Another gem  from Kevin Williamson at National Review, Bad Medicine on ‘Carried Interest’

Nobody in Washington wants to face that particular angry mob of IRA investors with torches and pitchforks. What we are talking about is singling out a particular class of businessmen for punitive tax treatment because we resent how much money some of them make, and because what they do seems like voodoo to people who do not understand it.

As a matter of policy, changing the tax treatment of private-equity income would not raise a great deal of tax revenue relative to federal spending and liabilities, and it probably would not have as much of a flattening effect as our class warriors hope. For one thing, if we convert those investment managers’ income to salaries and bonuses, then the firms that employ them are going to deduct those salaries and bonuses as ordinary business expenses, which they would be entitled to do. For another, investors will respond to economic incentives. The people who run these kinds of businesses are pretty clever about moving money around. The gentlemen in Congress are not going to outsmart them.

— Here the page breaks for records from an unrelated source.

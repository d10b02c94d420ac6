-- ===== src/Bignum/Places/Tests.antt =====
-- Operations whose result is one of their arguments.
use tyto_h.Base.{ℕ, ◌≡◌, ◌||◌, arith, ◌==◌, if◌then◌else◌, length}
use tyto_h.Bignum.{array_size, init}
use tyto_h.Bignum.Arith.{from_int, add, sub, and, or, xor}
use tyto_h.Bignum.Arith.Order.{val-from_int}
use tyto_h.Bignum.Mul.{mul}
use tyto_h.Bignum.Places.{Objects, write, add_at, sub_at, and_at, or_at, xor_at, mul_at}
use tyto_h.Bignum.Places.Aliases.{in_place}
use tyto_h.Bignum.Places.Products.{mul_in_place}

-- Every pointer is to 2^32 + 9.
abbrev objects : Objects
objects p = from_int 0x1_0000_0009

objects_size : (p : ℕ) → length (objects p) ≡ array_size
objects_size p = (val-from_int 0x1_0000_0009 (omega arith)).0.size

in_place_example :
    (add_at 1 1 1 objects 1 ≡ write objects 1 (add (objects 1) (objects 1)) 1)
    × ((sub_at 1 1 1 objects 1 ≡ write objects 1 (sub (objects 1) (objects 1)) 1)
        × ((and_at 1 1 1 objects 1 ≡ write objects 1 (and (objects 1) (objects 1)) 1)
            × ((or_at 1 1 1 objects 1 ≡ write objects 1 (or (objects 1) (objects 1)) 1)
                × (xor_at 1 1 1 objects 1 ≡ write objects 1 (xor (objects 1) (objects 1)) 1))))
in_place_example = in_place 1 1 1 objects (objects_size 1) (objects_size 1) (objects_size 1) 1

mul_in_place_example :
    mul_at 1 2 1 3 objects 1
    ≡ write objects 1 (if 1 == 1 || 2 == 1 then init else mul (objects 1) (objects 2)) 1
mul_in_place_example =
    mul_in_place 1 2 1 3 objects 1 (λ e. absurd (omega arith)) (λ e. absurd (omega arith))
      (λ e. absurd (omega arith)) (val-from_int 0x1_0000_0009 (omega arith)).0
      (val-from_int 0x1_0000_0009 (omega arith)).0 (λ e. absurd (omega arith))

The broader discussion about taxes and fairness and — odious phrase — “social justice” is a waste of time. Taxes are not an instrument of justice: They are an instrument of revenue. The federal government requires x dollars to do the things we demand of it, and the only end of tax policy should be raising those dollars in a way that causes as little economic disruption as possible and invades our privacy as little as possible. At the moment, our model is lots of disruption and maximal invasion of privacy — and all of it handled by the incompetent, corrupt, politicized agents of the Internal Revenue Service.

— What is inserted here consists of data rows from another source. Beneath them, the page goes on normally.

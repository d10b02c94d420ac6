-- ===== src/Bignum/Shift/WordsDown.antt =====
-- `shr_word` divides by a power of 2^32.
use tyto_h.Base.{ℕ, zero, suc, ◌+◌, ◌-◌, ◌*◌, ◌/◌, ◌^◌, ◌<◌, ◌≤◌, ◌≡◌, refl, ap, sym, ◌∙◌}
use tyto_h.Base.{List, [], ◌∷◌, ◌++◌, length, get_or, set, drop, replicate, length-set, get_or_ext}
use tyto_h.Base.{get_or-set_self, get_or-set_ne, get_or-drop, get_or_beyond}
use tyto_h.Base.{length-append, length-replicate, length-drop, get_or-replicate, arith}
use tyto_h.Base.{leb, ltb, ◌&&◌, if◌then◌else◌}
use Prim.Native.Nat.{min}
use tyto_h.Bignum.{Bn, array_size}
use tyto_h.Bignum.Value.{base, val, IsBn, val-replicate, replicate-IsWords}
use tyto_h.Bignum.Value.Split.{val-append, val-drop, append-IsWords, drop-IsWords}
use tyto_h.Bignum.Shift.{copy_down, clear_from, shr_word}

length-copy_down : (n left i : ℕ) (a : Bn) → length (copy_down n left i a) ≡ length a
unfolding copy_down
length-copy_down n zero i a = refl
length-copy_down n (suc left) i a =
    length-copy_down n left (i + 1) _ ∙ length-set a i (get_or a (i + n) 0)

length-clear_from : (left i : ℕ) (a : Bn) → length (clear_from left i a) ≡ length a
unfolding clear_from
length-clear_from zero i a = refl
length-clear_from (suc left) i a = length-clear_from left (i + 1) _ ∙ length-set a i 0

-- Going up, the loop reads only words that it has not written.
get_or-copy_down :
    (n left i j : ℕ) (a : Bn)
    → i + left ≤ length a
    → get_or (copy_down n left i a) j 0
      ≡ (if leb i j && ltb j (i + left) then get_or a (j + n) 0 else get_or a j 0)
unfolding copy_down
get_or-copy_down n zero i j a h = ground arith
get_or-copy_down n (suc left) i j a h = ground (
  arith,
  get_or-copy_down n left (i + 1) j (set a i (get_or a (i + n) 0)) (rw length-set (omega arith)),
  get_or-set_ne a i j (get_or a (i + n) 0) 0,
  get_or-set_ne a i (j + n) (get_or a (i + n) 0) 0,
  get_or-set_self a i (get_or a (i + n) 0) 0,
)

get_or-clear_from :
    (left i j : ℕ) (a : Bn)
    → i + left ≤ length a
    → get_or (clear_from left i a) j 0 ≡ (if leb i j && ltb j (i + left) then 0 else get_or a j 0)
unfolding clear_from
get_or-clear_from zero i j a h = ground arith
get_or-clear_from (suc left) i j a h = ground (
  arith,
  get_or-clear_from left (i + 1) j (set a i 0) (rw length-set (omega arith)),
  get_or-set_ne a i j 0 0,
  get_or-set_self a i 0 0,
)

get_or-append_zeros : (k j : ℕ) (xs : List ℕ) → get_or (xs ++ replicate k 0) j 0 ≡ get_or xs j 0
get_or-append_zeros k j [] = get_or-replicate k j 0
get_or-append_zeros k zero (x ∷ xs) = refl
get_or-append_zeros k (suc j) (x ∷ xs) = get_or-append_zeros k j xs

get_or-shr_word :
    (a : Bn) (n j : ℕ)
    → length a ≡ array_size
    → j < array_size
    → get_or (shr_word a n) j 0 ≡ get_or a (j + n) 0
unfolding shr_word
get_or-shr_word a n j e h = ground (
  arith,
  get_or-clear_from array_size 0 j a,
  get_or-clear_from n (array_size - n) j (copy_down n (array_size - n) 0 a),
  get_or-copy_down n (array_size - n) 0 j a,
  length-copy_down n (array_size - n) 0 a,
  get_or_beyond a (j + n) 0,
)

length-shr_word : (a : Bn) (n : ℕ) → length (shr_word a n) ≡ length a
unfolding shr_word
length-shr_word a n = ground (
  arith,
  length-clear_from array_size 0 a,
  length-clear_from n (array_size - n) (copy_down n (array_size - n) 0 a),
  length-copy_down n (array_size - n) 0 a,
)

shr_word-drop :
    (a : Bn) (n : ℕ)
    → length a ≡ array_size
    → shr_word a n ≡ drop n a ++ replicate (min n array_size) 0
shr_word-drop a n e =
    get_or_ext 0 (shr_word a n) (drop n a ++ replicate (min n array_size) 0)
      (omega (
        arith,
        length-shr_word a n,
        length-append (drop n a) (replicate (min n array_size) 0),
        length-drop n a,
        length-replicate {A = ℕ} (min n array_size) 0,
      ))
      λ j lt.
        get_or-shr_word a n j e (omega (arith, length-shr_word a n))
        ∙ sym (get_or-append_zeros (min n array_size) j (drop n a) ∙ get_or-drop a n j 0)

-- `shr_word` divides a number by a power of 2^32.
pub val-shr_word :
    {a : Bn} (n : ℕ) → IsBn a → IsBn (shr_word a n) × (val (shr_word a n) ≡ val a / base ^ n)
val-shr_word {a} n v = (
  record {
    size = length-shr_word a n ∙ v.size;
    words = rw (shr_word-drop a n v.size) (
        append-IsWords (drop n a) (replicate k 0) (drop-IsWords n a v.words) (replicate-IsWords k));
  },
  rw (shr_word-drop a n v.size) (
      val-append (drop n a) (replicate k 0)
      ∙ omega (
        arith,
        val-drop n a v.words,
        ap (λ (t : ℕ). base ^ length (drop n a) * t) (val-replicate k),
      )),
)
  where
    k : ℕ
    k = min n array_size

Those are the tax-code problems we should be addressing. Instead, we are addressing some unhappy Americans’ envy and resentment. That isn’t tax policy — it’s psychotherapy.


I confess to falling for the appeal of the ‘carried interest’ loophole canard. Given the lower rate, a businessman or investor will certainly overweight capital gains over earned income if he has the opportunity.  The lower rate is reflective of the risk.  Warren Buffet only draws a salary of $150,000. That is not how he became one of the wealthiest men in America.

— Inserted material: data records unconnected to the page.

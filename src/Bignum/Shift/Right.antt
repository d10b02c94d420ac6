-- ===== src/Bignum/Shift/Right.antt =====
-- `ty_bignum_shr`. Its bit loop stops at word 3, since its bound is the size of a word and not
-- that of the array: only the low 128 bits are shifted.
use tyto_h.Base.{ℕ, ◌+◌, ◌-◌, ◌*◌, ◌/◌, ◌%◌, ◌^◌, ◌<◌, ◌≤◌, ◌≡◌, ◌≢◌, refl, ap, sym, ◌∙◌}
use tyto_h.Base.{
  ◌⊎◌, inl, inr, List, [], ◌∷◌, length, arith, bit_or, bit_or_disjoint_low, bit_or-lt,
}
use tyto_h.Base.{
  pow-add, pow_pos, mul-mod-mul, div-lt_of_mul, div_unique, ==_iff, ◌==◌, if◌then◌else◌, Bool-cases,
}
use mathlib.Core.Path.{ap₂}
use native.Mathlib.Decide.{dec_lt}
use native.Mathlib.Nat.{
  div-add-mod', mod-lt, div-le_self, div-one, div-div-eq-div-mul, mod-eq_of_lt, div-eq_of_lt,
}
use tyto_h.Bignum.{Bn, word_bits}
use tyto_h.Bignum.Value.{base, val, IsWords, IsBn}
use tyto_h.Bignum.Value.Split.{base-pow}
use tyto_h.Bignum.Shift.{shl32, shr32, shr_loop, shr_bits, shr_word, shr}
use tyto_h.Bignum.Shift.WordsDown.{val-shr_word}

-- The word that the loop stores: `x` is the word itself and `y` the one above.
abbrev word : ℕ → ℕ → ℕ → ℕ
word n x y = bit_or (shr32 x n) (shl32 y (word_bits - n))

-- The four words that the loop reaches.
shr_bits_words :
    (n x y z w : ℕ) (rest : List ℕ)
    → shr_bits n (x ∷ y ∷ z ∷ w ∷ rest) ≡ word n x y ∷ word n y z ∷ word n z w ∷ shr32 w n ∷ rest
unfolding shr_bits shr_loop
shr_bits_words n x y z w rest = refl

module _ (n : ℕ) (small : n ≤ 32) where
  abbrev low : ℕ
  low = 2 ^ n

  abbrev high : ℕ
  high = 2 ^ (32 - n)

  low-mul-high : low * high ≡ base
  low-mul-high = sym (pow-add 2 n (32 - n)) ∙ ap (λ (k : ℕ). 2 ^ k) {y = 32} (omega arith)

  low_pos : 0 < low
  low_pos = pow_pos 2 n (omega arith)

  high_pos : 0 < high
  high_pos = pow_pos 2 (32 - n) (omega arith)

  word-sum : (x y : ℕ) → x < base → word n x y ≡ y % low * high + x / low
  word-sum x y h =
      ap (λ (t : ℕ). bit_or (x / low) t)
        (ap (λ (m : ℕ). y * high % m) (sym low-mul-high) ∙ mul-mod-mul y high low high_pos low_pos)
      ∙ bit_or_disjoint_low (32 - n) (y % low) (x / low)
          (div-lt_of_mul x high low low_pos (omega (arith, low-mul-high)))

  word-lt : (x y : ℕ) → x < base → word n x y < base
  word-lt x y hx =
      bit_or-lt 32 (x / low) (shl32 y (32 - n)) (omega (arith, div-le_self x low)) (omega arith)

  -- The bits that leave a word come in at the word below.
  word-mul : (x y : ℕ) → x < base → word n x y * low + x % low ≡ y % low * base + x
  word-mul x y h = omega (
    arith,
    ap (λ (t : ℕ). t * low) (word-sum x y h),
    ap (λ (t : ℕ). y % low * t) low-mul-high,
    div-add-mod' x low,
  )

  -- Four words, `n` places down.
  four_words :
      (x y z w : ℕ)
      → x < base
      → y < base
      → z < base
      → (x + base * (y + base * (z + base * w))) / low
        ≡ word n x y + base * (word n y z + base * (word n z w + base * (w / low)))
  four_words x y z w hx hy hz =
      div_unique (x + base * (y + base * (z + base * w))) low
        (word n x y + base * (word n y z + base * (word n z w + base * (w / low)))) (x % low)
        (mod-lt x low_pos)
        (omega (arith, word-mul x y hx, word-mul y z hy, word-mul z w hz, div-add-mod' w low))

  -- The bit loop on a list of words.
  bits_value :
      (a : Bn)
      → 4 ≤ length a
      → IsWords a
      → (length (shr_bits n a) ≡ length a)
        × IsWords (shr_bits n a)
        × (val (shr_bits n a) ≡ val a % 2 ^ 128 / low + val a / 2 ^ 128 * 2 ^ 128)
  unfolding val
  bits_value [] h v = absurd (omega arith)
  bits_value (x ∷ []) h v = absurd (omega arith)
  bits_value (x ∷ y ∷ []) h v = absurd (omega arith)
  bits_value (x ∷ y ∷ z ∷ []) h v = absurd (omega arith)
  bits_value (x ∷ y ∷ z ∷ w ∷ rest) h (hx, (hy, (hz, (hw, hr)))) =
      rw (shr_bits_words n x y z w rest) (
        refl,
        (
          word-lt x y hx,
          (word-lt y z hy, (word-lt z w hz, (omega (arith, div-le_self w low), hr))),
        ),
        sym (
            ap₂ (λ (s t : ℕ). s / low + t * 2 ^ 128) {y = x + base * (y + base * (z + base * w))}
              {v = val rest} (omega arith) (omega arith)
            ∙ ap (λ (t : ℕ). t + val rest * 2 ^ 128) (four_words x y z w hx hy hz)
            ∙ omega arith),
      )

-- What `ty_bignum_shr` makes of the value `v`: whole words are shifted, and the bits left over
-- only in the low 128 bits.
abbrev pub shr_value : ℕ → ℕ → ℕ
shr_value v n =
    let u = v / 2 ^ (n / 32 * 32) in
    if n % 32 == 0 then u else u % 2 ^ 128 / 2 ^ (n % 32) + u / 2 ^ 128 * 2 ^ 128

val-shr_bits :
    {a : Bn} (n : ℕ)
    → n ≤ 32
    → IsBn a
    → IsBn (shr_bits n a)
      × (val (shr_bits n a) ≡ val a % 2 ^ 128 / 2 ^ n + val a / 2 ^ 128 * 2 ^ 128)
val-shr_bits {a} n small v =
    let size = v.size in
    let (len, words, value) = bits_value n small a (omega arith) v.words in
    (record { size = len ∙ size; words = words }, value)

-- The copy that the bit loop works on.
words_down : Bn → ℕ → Bn
words_down a n = if n / word_bits == 0 then a else shr_word a (n / word_bits)

val-words_down :
    {a : Bn} (n : ℕ)
    → IsBn a
    → IsBn (words_down a n) × (val (words_down a n) ≡ val a / 2 ^ (n / 32 * 32))
unfolding words_down
val-words_down {a} n v = elim (Bool-cases (n / word_bits == 0)) [
  | inl e ↦ rw e (
    v,
    sym (div-one (val a))
        ∙ ap (λ (k : ℕ). val a / 2 ^ k) {x = 0} {y = n / 32 * 32}
            (omega (arith, (==_iff (n / 32) 0).0 e)),
  )
  | inr e ↦ rw e (
      let (w, value) = val-shr_word (n / 32) v in
      (w, value ∙ ap (λ (t : ℕ). val a / t) (base-pow (n / 32))))
]

bits_left : (n : ℕ) → (if n / word_bits == 0 then n else n - n / word_bits * word_bits) ≡ n % 32
bits_left n = ground arith

shr-eq :
    (a : Bn) (n : ℕ)
    → shr a n ≡ (if n % 32 == 0 then words_down a n else shr_bits (n % 32) (words_down a n))
unfolding shr words_down
shr-eq a n =
    ap (λ (r : ℕ). if r == 0 then words_down a n else shr_bits r (words_down a n)) (bits_left n)

val-shr : {a : Bn} (n : ℕ) → IsBn a → IsBn (shr a n) × (val (shr a n) ≡ shr_value (val a) n)
val-shr {a} n v =
    let (w, e) = val-words_down n v in
    rw (shr-eq a n) (elim (Bool-cases (n % 32 == 0)) [
      | inl whole ↦ rw whole (w, e)
      | inr part ↦ rw part (
          let (r, value) = val-shr_bits (n % 32) (omega arith) w in
          (r, value ∙ ap (λ (u : ℕ). u % 2 ^ 128 / 2 ^ (n % 32) + u / 2 ^ 128 * 2 ^ 128) e))
    ])

shr_value_whole : (v n : ℕ) → n % 32 ≡ 0 → shr_value v n ≡ v / 2 ^ n
shr_value_whole v n whole =
    rw ((==_iff (n % 32) 0).1 whole)
      (ap (λ (k : ℕ). v / 2 ^ k) {x = n / 32 * 32} {y = n} (omega arith))

shr_value_low : (v n : ℕ) → v < 2 ^ (n / 32 * 32 + 128) → shr_value v n ≡ v / 2 ^ n
shr_value_low v n h = elim (Bool-cases (n % 32 == 0)) [
  | inl whole ↦ shr_value_whole v n ((==_iff (n % 32) 0).0 whole)
  | inr part ↦
      let k : ℕ = n / 32 * 32 in
      let u : ℕ = v / 2 ^ k in
      let small : u < 2 ^ 128 =
        div-lt_of_mul v (2 ^ 128) (2 ^ k) (pow_pos 2 k (omega arith)) (rw pow-add at h) in
      rw (part, mod-eq_of_lt small, div-eq_of_lt small)
        (omega (
          arith,
          div-div-eq-div-mul v (2 ^ k) (2 ^ (n % 32))
              ∙ ap (λ (t : ℕ). v / t)
                  (sym (pow-add 2 k (n % 32)) ∙ ap (λ (t : ℕ). 2 ^ t) {y = n} (omega arith)),
        ))
]

-- `ty_bignum_shr` of a number by any count gives a number. It divides the value by a power of
-- 2^32 for the whole words; the bits left over are shifted only in the low 128 bits. So it
-- divides by 2^n, unless the count is no multiple of 32 and more than 128 bits are left behind
-- the whole words.
pub val-shr_values :
    {a : Bn} (n : ℕ)
    → IsBn a
    → IsBn (shr a n)
      × ((val (shr a n) ≡ shr_value (val a) n)
          × ((val (shr a n) ≡ val a / 2 ^ n) ⊎ ((n % 32 ≢ 0) × (2 ^ (n / 32 * 32 + 128) ≤ val a))))
val-shr_values {a} n v =
    let (w, e) = val-shr n v in
    let divided : (val (shr a n) ≡ val a / 2 ^ n)
        ⊎ ((n % 32 ≢ 0) × (2 ^ (n / 32 * 32 + 128) ≤ val a)) =
      elim (dec_lt 0 (n % 32)) [
        | no whole ↦ inl (e ∙ shr_value_whole (val a) n (omega arith))
        | yes part ↦ elim (dec_lt (val a) (2 ^ (n / 32 * 32 + 128))) [
          | yes lt ↦ inl (e ∙ shr_value_low (val a) n lt)
          | no ge ↦ inr ((λ z. absurd (omega arith)), omega arith)
        ]
      ] in
    (w, (e, divided))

Like so many solutions to unfairness and social justice, the cure stands a good chance of being worse than the disease.  Hillary complained about the short term thinking of American business. Her solution was a six tiered capital gains system that was the worse part of her awful economic plan. The greatest harm in short term thinking is from legislators who voice another change in tax policy whenever they walk past a microphone. The ink is still wet on the last tax increase when hear a new speech of how the the rich are not paying their fair share.  Who would invest in such a environment?

The economy and financial community is a very dynamic system and constantly adjusts to conditions much faster than any social justice legislator can match. Caps on executive pay led to stock options that made executives richer.  The Sarbanes Oxley Act passed in the shadows of the Enron scandal discouraged companies from going public and created opportunities for private equity, that now the ‘carried interest’ demonizers wish to address.

Regulators are often tasked to solve a problem created by the last round of regulations.  New sources of wealth and unfairness are often generated by the previous attempt to equalize them in a previous form.

Great kudos for Kevin for shedding light on this ruse in a way that few other media sources even attempt.